WHAT YOU NEED TO DO:
Each line below should be copied exactly as it stands.

** Opening THE DATA block **

-- ===== src/Queue/Locks.antt =====
-- Calls of the queue, include/queue.h, on its lock and on its arena.
use lock_free.Common.{◌≡◌, refl, true, false, none, some, Option}
use lock_free.Types.{success, DsImpl, raw, mutex, spinlock, lockfree}
use lock_free.Command.{Command, Returns, returns}
use lock_free.PlugMutex
use lock_free.Queue.Ops.{Queue, in_arena, lock, unlock}

module _ {S : Type 0} where
  locked :
      (imp : DsImpl) (q : Queue S)
      → q.mtx ≡ false
      → lock imp q ≡ some (success, record q { mtx = true })
  unfolding lock PlugMutex.lock PlugMutex.container_has_mutex PlugMutex.required PlugMutex.has_mutex
      PlugMutex.try_lock
  locked raw q h = rw h refl
  locked mutex q h = rw h refl
  locked spinlock q h = rw h refl
  locked lockfree q h = rw h refl

  unlocked : (imp : DsImpl) (q : Queue S) → unlock imp q ≡ some (success, record q { mtx = false })
  unfolding unlock PlugMutex.unlock PlugMutex.container_has_mutex PlugMutex.required
      PlugMutex.has_mutex
  unlocked raw q = refl
  unlocked mutex q = refl
  unlocked spinlock q = refl
  unlocked lockfree q = refl

  lift_option :
      {B : Type 0} {P : B → S → Type 0} {r : Option (B × S)} (q : Queue S)
      → Returns P r
      → Returns
          (λ b q'. (s : S) × P b s × (q' ≡ record q { nodes = s }))
          (elim r [ none ↦ none | some (b, s) ↦ some (b, record q { nodes = s }) ])
  lift_option q (returns {s} p) = returns (s, p, refl)

  pub lift :
      {B : Type 0} {P : B → S → Type 0} (m : Command S B) (q : Queue S)
      → Returns P (m q.nodes)
      → Returns (λ b q'. (s : S) × P b s × (q' ≡ record q { nodes = s })) (in_arena m q)
  lift m q h = lift_option q h

  pub take_lock :
      (imp : DsImpl) (q : Queue S)
      → q.mtx ≡ false
      → Returns (λ _ q'. q' ≡ record q { mtx = true }) (lock imp q)
  take_lock imp q h = rw (locked imp q h) (returns refl)

  pub drop_lock :
      (imp : DsImpl) (q : Queue S) → Returns (λ _ q'. q' ≡ record q { mtx = false }) (unlock imp q)
  drop_lock imp q = rw (unlocked imp q) (returns refl)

** Closing THE DATA block **

ANSWER BOX:
-- ===== src/Queue/Locks.antt =====
-- Calls of the queue, include/queue.h, on its lock and on its arena.
use lock_free.Common.{◌≡◌, refl, true, false, none, some, Option}
use lock_free.Types.{success, DsImpl, raw, mutex, spinlock, lockfree}
use lock_free.Command.{Command, Returns, returns}
use lock_free.PlugMutex
use lock_free.Queue.Ops.{Queue, in_arena, lock, unlock}

module _ {S : Type 0} where
  locked :
      (imp : DsImpl) (q : Queue S)
      → q.mtx ≡ false
      → lock imp q ≡ some (success, record q { mtx = true })
  unfolding lock PlugMutex.lock PlugMutex.container_has_mutex PlugMutex.required PlugMutex.has_mutex
      PlugMutex.try_lock
  locked raw q h = rw h refl
  locked mutex q h = rw h refl
  locked spinlock q h = rw h refl
  locked lockfree q h = rw h refl

  unlocked : (imp : DsImpl) (q : Queue S) → unlock imp q ≡ some (success, record q { mtx = false })
  unfolding unlock PlugMutex.unlock PlugMutex.container_has_mutex PlugMutex.required
      PlugMutex.has_mutex
  unlocked raw q = refl
  unlocked mutex q = refl
  unlocked spinlock q = refl
  unlocked lockfree q = refl

  lift_option :
      {B : Type 0} {P : B → S → Type 0} {r : Option (B × S)} (q : Queue S)
      → Returns P r
      → Returns
          (λ b q'. (s : S) × P b s × (q' ≡ record q { nodes = s }))
          (elim r [ none ↦ none | some (b, s) ↦ some (b, record q { nodes = s }) ])
  lift_option q (returns {s} p) = returns (s, p, refl)

  pub lift :
      {B : Type 0} {P : B → S → Type 0} (m : Command S B) (q : Queue S)
      → Returns P (m q.nodes)
      → Returns (λ b q'. (s : S) × P b s × (q' ≡ record q { nodes = s })) (in_arena m q)
  lift m q h = lift_option q h

  pub take_lock :
      (imp : DsImpl) (q : Queue S)
      → q.mtx ≡ false
      → Returns (λ _ q'. q' ≡ record q { mtx = true }) (lock imp q)
  take_lock imp q h = rw (locked imp q h) (returns refl)

  pub drop_lock :
      (imp : DsImpl) (q : Queue S) → Returns (λ _ q'. q' ≡ record q { mtx = false }) (unlock imp q)
  drop_lock imp q = rw (unlocked imp q) (returns refl)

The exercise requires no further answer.